--- Description of the task ---
Of the lines in the data below, write out exactly those from the one holding "let m : Action" through the one holding "(earlier : Nodes)", both included.

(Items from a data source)
####################
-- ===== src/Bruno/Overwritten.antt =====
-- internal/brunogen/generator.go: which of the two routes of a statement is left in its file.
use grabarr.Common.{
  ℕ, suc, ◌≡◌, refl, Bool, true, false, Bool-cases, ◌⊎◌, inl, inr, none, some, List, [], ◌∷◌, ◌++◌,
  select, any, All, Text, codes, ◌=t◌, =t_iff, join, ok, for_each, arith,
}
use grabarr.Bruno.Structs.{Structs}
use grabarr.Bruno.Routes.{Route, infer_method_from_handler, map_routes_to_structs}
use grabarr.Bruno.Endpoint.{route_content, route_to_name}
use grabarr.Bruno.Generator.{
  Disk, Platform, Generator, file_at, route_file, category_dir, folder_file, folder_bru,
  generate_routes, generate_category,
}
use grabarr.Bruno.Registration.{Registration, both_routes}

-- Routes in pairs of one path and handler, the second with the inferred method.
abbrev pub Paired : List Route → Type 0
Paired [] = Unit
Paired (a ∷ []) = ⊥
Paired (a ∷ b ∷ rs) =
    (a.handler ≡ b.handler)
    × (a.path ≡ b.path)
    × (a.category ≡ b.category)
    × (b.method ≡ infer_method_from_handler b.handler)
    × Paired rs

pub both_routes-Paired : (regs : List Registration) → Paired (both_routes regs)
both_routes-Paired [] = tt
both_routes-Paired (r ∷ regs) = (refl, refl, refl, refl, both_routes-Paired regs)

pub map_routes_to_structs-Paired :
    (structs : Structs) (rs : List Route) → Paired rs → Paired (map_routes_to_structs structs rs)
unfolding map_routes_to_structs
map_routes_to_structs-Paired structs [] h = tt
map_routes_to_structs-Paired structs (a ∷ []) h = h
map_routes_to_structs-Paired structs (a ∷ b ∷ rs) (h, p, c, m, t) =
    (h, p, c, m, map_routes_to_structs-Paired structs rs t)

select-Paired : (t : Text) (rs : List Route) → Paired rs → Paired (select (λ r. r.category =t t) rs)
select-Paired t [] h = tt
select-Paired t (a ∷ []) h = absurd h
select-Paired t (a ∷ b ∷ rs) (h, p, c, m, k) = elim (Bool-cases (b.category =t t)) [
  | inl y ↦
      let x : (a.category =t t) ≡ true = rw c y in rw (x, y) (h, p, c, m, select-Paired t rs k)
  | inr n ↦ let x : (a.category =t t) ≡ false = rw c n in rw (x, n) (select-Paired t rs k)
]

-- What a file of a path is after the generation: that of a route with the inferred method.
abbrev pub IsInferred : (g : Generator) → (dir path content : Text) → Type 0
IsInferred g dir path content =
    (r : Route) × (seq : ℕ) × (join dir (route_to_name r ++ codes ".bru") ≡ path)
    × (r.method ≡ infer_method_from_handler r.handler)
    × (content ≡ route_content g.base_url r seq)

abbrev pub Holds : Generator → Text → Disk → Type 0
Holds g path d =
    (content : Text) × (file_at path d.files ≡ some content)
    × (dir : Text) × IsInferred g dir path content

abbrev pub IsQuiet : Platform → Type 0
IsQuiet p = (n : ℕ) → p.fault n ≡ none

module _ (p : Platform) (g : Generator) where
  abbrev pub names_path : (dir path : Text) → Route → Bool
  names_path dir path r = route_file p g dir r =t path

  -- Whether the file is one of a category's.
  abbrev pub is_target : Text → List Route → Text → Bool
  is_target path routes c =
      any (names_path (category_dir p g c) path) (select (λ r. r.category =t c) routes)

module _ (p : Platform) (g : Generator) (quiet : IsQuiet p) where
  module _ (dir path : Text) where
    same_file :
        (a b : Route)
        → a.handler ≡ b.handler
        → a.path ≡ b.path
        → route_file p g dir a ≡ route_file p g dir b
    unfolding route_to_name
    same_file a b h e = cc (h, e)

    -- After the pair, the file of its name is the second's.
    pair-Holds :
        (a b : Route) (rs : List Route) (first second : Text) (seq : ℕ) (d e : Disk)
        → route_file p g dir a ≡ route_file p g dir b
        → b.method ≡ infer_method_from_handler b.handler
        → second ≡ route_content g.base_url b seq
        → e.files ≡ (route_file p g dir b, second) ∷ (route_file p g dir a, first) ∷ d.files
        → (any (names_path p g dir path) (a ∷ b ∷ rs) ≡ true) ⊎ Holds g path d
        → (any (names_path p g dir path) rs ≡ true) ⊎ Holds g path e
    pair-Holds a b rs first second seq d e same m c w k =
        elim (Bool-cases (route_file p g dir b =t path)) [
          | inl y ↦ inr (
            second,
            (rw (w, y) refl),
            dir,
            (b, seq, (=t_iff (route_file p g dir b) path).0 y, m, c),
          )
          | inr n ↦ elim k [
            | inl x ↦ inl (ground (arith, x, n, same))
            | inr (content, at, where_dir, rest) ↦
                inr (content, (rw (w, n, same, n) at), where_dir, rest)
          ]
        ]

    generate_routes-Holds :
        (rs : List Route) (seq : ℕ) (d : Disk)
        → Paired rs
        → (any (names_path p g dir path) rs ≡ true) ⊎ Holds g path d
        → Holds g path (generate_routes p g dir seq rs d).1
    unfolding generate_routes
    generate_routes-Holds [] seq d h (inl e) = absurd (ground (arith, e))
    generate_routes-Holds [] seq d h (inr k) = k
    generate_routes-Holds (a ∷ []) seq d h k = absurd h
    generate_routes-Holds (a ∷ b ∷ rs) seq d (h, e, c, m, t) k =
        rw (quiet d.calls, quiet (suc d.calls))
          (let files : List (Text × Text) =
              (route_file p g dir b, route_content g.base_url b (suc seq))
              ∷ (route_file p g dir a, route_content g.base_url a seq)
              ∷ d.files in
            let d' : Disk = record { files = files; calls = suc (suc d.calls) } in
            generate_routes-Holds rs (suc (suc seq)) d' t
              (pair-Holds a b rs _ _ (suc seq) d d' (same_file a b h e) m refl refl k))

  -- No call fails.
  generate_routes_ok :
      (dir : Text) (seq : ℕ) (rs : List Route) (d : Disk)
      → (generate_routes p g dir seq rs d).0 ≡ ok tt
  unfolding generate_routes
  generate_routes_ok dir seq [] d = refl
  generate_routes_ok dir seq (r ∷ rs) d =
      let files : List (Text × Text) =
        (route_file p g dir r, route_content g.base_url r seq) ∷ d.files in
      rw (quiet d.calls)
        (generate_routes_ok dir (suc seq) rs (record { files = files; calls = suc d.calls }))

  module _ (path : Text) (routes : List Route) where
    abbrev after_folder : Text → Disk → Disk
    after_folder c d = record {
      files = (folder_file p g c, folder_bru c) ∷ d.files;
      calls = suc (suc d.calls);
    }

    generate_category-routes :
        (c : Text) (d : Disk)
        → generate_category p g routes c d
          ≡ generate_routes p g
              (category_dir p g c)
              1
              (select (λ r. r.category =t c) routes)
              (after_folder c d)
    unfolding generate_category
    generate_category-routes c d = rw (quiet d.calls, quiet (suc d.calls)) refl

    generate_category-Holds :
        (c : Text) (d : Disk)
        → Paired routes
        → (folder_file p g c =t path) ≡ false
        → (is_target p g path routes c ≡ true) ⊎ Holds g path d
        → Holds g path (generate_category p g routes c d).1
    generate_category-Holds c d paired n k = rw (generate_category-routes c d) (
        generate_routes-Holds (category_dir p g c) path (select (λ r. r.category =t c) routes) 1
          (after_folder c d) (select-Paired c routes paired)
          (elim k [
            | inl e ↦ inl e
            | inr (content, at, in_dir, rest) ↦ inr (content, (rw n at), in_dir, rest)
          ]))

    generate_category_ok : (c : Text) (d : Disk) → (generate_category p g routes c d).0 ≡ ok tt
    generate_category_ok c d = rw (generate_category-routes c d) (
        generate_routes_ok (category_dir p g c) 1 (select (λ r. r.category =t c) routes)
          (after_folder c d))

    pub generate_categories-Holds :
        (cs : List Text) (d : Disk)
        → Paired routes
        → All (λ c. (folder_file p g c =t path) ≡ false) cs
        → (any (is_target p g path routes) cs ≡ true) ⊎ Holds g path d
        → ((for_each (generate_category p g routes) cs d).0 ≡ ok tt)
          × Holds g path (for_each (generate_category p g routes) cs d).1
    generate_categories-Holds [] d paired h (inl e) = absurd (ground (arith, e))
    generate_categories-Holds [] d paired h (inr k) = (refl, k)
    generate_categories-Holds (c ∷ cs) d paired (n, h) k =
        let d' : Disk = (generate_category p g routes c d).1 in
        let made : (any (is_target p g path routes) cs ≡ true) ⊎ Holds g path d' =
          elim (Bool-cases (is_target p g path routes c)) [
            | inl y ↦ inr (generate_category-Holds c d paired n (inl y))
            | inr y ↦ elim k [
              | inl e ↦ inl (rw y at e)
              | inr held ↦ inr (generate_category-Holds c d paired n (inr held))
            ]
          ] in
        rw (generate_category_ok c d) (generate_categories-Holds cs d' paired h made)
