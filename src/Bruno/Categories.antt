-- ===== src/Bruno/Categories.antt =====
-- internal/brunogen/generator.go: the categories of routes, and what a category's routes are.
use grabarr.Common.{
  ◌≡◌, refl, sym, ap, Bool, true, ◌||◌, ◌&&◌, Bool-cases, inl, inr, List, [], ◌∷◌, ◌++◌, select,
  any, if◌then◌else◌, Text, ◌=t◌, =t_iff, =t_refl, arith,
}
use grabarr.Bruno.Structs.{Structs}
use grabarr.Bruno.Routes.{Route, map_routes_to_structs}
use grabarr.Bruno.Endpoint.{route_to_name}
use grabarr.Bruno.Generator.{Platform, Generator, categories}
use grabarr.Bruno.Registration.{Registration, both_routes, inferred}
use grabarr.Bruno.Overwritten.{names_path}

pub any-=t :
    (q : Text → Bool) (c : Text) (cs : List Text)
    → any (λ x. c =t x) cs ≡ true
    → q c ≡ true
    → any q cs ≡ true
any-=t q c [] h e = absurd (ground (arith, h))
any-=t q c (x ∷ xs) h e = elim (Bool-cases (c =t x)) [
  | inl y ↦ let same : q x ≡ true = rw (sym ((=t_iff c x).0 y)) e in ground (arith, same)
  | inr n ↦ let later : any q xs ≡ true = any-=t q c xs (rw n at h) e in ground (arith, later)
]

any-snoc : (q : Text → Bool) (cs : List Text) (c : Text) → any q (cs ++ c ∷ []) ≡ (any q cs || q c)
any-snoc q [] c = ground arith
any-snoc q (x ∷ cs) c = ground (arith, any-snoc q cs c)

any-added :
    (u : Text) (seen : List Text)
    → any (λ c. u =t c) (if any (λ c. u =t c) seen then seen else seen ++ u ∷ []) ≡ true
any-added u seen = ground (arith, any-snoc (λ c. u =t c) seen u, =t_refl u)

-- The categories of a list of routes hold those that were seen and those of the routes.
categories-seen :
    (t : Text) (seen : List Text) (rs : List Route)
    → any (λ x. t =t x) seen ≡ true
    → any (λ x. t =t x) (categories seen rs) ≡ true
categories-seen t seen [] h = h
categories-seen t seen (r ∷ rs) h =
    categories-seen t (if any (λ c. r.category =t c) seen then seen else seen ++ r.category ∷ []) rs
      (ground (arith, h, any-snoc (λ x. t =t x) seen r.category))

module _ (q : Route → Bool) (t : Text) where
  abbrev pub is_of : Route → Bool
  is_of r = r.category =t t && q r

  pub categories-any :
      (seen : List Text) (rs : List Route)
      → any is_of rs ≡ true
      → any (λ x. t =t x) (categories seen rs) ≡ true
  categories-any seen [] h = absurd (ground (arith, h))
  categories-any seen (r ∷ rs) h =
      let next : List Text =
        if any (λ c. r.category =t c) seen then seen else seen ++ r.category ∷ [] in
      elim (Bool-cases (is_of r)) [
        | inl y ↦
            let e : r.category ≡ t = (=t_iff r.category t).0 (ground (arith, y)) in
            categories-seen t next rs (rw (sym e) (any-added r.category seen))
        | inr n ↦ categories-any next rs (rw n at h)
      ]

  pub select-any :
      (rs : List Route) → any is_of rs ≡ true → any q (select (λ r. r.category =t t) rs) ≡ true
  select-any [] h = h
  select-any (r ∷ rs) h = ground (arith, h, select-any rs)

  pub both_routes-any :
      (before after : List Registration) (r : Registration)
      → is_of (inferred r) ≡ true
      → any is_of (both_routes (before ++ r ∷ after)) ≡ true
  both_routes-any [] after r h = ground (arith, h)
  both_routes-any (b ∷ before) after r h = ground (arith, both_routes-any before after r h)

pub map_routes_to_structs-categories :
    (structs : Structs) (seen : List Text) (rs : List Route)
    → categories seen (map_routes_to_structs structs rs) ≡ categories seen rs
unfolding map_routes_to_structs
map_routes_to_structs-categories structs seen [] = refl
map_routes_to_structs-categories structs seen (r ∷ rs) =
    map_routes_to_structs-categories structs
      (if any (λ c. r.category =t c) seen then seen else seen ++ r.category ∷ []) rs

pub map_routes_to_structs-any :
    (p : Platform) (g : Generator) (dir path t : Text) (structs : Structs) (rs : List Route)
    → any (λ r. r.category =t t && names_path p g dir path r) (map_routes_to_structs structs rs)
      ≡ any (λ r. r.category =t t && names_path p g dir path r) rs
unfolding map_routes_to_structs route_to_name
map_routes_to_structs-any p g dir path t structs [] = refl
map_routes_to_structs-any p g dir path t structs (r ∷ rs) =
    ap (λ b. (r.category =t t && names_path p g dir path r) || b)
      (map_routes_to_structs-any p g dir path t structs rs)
####################
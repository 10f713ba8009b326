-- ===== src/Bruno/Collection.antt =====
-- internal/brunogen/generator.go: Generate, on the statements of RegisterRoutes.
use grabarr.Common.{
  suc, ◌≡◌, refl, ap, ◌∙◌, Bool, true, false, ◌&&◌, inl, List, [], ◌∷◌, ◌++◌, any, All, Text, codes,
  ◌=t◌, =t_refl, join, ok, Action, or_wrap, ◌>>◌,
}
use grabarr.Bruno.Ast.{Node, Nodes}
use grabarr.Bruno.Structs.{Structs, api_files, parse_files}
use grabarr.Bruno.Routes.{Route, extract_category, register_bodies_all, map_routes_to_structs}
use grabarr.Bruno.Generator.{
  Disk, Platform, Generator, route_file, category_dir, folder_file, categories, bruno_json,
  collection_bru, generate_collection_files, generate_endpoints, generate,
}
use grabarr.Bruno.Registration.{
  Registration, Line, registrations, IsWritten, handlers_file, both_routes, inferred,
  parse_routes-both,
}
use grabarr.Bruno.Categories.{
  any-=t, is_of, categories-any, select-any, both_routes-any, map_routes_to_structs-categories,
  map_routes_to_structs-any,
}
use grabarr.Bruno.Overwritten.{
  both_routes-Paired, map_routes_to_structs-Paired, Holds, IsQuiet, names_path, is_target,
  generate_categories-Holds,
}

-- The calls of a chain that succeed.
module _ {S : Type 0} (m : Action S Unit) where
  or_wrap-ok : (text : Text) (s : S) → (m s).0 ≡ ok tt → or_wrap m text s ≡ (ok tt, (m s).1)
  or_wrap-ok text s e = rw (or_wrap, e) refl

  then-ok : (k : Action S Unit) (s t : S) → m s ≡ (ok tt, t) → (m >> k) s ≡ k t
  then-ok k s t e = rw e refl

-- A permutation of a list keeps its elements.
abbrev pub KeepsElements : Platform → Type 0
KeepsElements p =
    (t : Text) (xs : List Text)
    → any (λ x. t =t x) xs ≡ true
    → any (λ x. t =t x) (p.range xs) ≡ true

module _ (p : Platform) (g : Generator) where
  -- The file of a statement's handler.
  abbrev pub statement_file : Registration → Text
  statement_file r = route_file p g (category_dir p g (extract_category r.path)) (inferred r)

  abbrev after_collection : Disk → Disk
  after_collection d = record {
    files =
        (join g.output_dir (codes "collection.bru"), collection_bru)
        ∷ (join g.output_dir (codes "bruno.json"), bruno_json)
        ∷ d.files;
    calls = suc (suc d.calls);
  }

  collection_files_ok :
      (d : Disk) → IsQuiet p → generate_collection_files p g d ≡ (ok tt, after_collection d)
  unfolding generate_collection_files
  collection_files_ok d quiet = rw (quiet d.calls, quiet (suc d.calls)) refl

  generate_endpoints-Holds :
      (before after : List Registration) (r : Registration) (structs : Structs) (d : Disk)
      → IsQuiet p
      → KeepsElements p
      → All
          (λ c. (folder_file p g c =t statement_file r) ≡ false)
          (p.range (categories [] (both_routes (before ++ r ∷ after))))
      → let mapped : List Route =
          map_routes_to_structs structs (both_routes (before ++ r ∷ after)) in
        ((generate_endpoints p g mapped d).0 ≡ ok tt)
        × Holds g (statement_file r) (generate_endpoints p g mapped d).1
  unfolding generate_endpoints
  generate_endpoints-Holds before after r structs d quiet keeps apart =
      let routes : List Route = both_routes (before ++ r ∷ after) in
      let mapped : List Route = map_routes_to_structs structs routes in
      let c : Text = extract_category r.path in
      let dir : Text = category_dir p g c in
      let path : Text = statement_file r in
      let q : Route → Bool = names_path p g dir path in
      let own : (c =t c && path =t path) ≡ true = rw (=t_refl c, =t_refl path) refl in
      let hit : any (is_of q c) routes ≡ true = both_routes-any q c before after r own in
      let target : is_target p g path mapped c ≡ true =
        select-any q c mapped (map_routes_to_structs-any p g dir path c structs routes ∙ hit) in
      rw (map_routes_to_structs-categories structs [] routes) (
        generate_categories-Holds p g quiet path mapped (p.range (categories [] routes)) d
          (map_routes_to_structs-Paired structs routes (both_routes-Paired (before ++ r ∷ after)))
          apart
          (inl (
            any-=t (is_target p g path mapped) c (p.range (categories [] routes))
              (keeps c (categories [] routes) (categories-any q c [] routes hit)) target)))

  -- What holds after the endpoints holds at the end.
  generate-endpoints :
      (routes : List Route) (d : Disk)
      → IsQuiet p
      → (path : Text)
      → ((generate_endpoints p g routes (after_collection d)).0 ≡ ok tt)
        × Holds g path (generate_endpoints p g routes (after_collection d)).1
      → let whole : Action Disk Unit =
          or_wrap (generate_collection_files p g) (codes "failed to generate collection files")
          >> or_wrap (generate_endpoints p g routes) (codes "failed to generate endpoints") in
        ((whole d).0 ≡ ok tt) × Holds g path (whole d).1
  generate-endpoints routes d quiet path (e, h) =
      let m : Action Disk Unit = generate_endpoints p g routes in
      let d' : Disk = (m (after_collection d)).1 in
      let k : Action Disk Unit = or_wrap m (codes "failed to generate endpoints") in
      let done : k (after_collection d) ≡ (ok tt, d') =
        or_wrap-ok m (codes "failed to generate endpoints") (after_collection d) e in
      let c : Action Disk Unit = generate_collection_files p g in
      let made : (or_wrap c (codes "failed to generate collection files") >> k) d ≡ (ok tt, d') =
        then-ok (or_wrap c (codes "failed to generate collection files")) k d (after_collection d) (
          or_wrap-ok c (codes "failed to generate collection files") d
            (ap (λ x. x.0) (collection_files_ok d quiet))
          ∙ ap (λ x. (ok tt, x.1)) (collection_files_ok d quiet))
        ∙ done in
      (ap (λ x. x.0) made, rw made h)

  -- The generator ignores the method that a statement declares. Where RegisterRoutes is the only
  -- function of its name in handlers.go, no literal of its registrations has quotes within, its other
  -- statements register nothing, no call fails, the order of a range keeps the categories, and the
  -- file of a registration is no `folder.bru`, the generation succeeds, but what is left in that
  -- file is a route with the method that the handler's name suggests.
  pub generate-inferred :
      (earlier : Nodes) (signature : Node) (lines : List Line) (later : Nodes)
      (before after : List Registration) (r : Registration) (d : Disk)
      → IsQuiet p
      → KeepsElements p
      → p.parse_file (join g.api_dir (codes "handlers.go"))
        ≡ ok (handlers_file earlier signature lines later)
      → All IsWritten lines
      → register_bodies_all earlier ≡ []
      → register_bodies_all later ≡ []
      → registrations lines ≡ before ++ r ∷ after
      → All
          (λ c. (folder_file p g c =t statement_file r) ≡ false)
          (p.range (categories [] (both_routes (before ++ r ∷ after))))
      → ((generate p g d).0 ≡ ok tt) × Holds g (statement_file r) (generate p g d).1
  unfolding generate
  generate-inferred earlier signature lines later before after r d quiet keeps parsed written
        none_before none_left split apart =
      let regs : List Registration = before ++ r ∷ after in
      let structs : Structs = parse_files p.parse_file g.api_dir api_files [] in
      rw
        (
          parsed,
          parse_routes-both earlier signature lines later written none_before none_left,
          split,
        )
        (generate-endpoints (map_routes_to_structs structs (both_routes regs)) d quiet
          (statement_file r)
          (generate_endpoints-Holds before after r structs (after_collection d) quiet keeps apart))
####################
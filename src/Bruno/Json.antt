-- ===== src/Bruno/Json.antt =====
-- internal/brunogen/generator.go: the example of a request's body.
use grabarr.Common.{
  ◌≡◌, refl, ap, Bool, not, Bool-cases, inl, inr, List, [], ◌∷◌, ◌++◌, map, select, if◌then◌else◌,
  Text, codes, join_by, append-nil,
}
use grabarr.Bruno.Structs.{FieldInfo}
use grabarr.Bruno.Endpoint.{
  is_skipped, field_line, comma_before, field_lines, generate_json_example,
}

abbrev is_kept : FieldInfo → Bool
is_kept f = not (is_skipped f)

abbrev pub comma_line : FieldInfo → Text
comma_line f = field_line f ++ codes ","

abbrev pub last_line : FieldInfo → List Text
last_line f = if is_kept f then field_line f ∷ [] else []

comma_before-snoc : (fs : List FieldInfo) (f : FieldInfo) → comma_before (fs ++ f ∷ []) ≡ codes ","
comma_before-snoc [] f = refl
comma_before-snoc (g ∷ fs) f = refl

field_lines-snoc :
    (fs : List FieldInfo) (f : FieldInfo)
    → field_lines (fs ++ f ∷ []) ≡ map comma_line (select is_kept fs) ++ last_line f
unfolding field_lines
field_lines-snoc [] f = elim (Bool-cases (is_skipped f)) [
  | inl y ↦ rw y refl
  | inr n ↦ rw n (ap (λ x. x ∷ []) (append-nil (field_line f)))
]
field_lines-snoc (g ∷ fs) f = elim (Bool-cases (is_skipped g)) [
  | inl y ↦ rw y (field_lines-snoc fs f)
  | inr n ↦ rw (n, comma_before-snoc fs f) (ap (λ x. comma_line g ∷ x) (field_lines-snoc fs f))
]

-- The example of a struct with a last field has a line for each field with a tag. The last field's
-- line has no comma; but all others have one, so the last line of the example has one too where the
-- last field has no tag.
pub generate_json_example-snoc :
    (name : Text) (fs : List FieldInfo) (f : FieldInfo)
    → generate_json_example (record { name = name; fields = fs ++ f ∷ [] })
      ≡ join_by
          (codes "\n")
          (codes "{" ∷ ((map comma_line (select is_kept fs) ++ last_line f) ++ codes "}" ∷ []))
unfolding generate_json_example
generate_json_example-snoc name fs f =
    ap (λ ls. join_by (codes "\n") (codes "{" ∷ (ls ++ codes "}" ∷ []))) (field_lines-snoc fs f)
####################
--- Answer to the problem ---
      let m : Action Disk Unit = generate_endpoints p g routes in
      let d' : Disk = (m (after_collection d)).1 in
      let k : Action Disk Unit = or_wrap m (codes "failed to generate endpoints") in
      let done : k (after_collection d) ≡ (ok tt, d') =
        or_wrap-ok m (codes "failed to generate endpoints") (after_collection d) e in
      let c : Action Disk Unit = generate_collection_files p g in
      let made : (or_wrap c (codes "failed to generate collection files") >> k) d ≡ (ok tt, d') =
        then-ok (or_wrap c (codes "failed to generate collection files")) k d (after_collection d) (
          or_wrap-ok c (codes "failed to generate collection files") d
            (ap (λ x. x.0) (collection_files_ok d quiet))
          ∙ ap (λ x. (ok tt, x.1)) (collection_files_ok d quiet))
        ∙ done in
      (ap (λ x. x.0) made, rw made h)

  -- The generator ignores the method that a statement declares. Where RegisterRoutes is the only
  -- function of its name in handlers.go, no literal of its registrations has quotes within, its other
  -- statements register nothing, no call fails, the order of a range keeps the categories, and the
  -- file of a registration is no `folder.bru`, the generation succeeds, but what is left in that
  -- file is a route with the method that the handler's name suggests.
  pub generate-inferred :
      (earlier : Nodes) (signature : Node) (lines : List Line) (later : Nodes)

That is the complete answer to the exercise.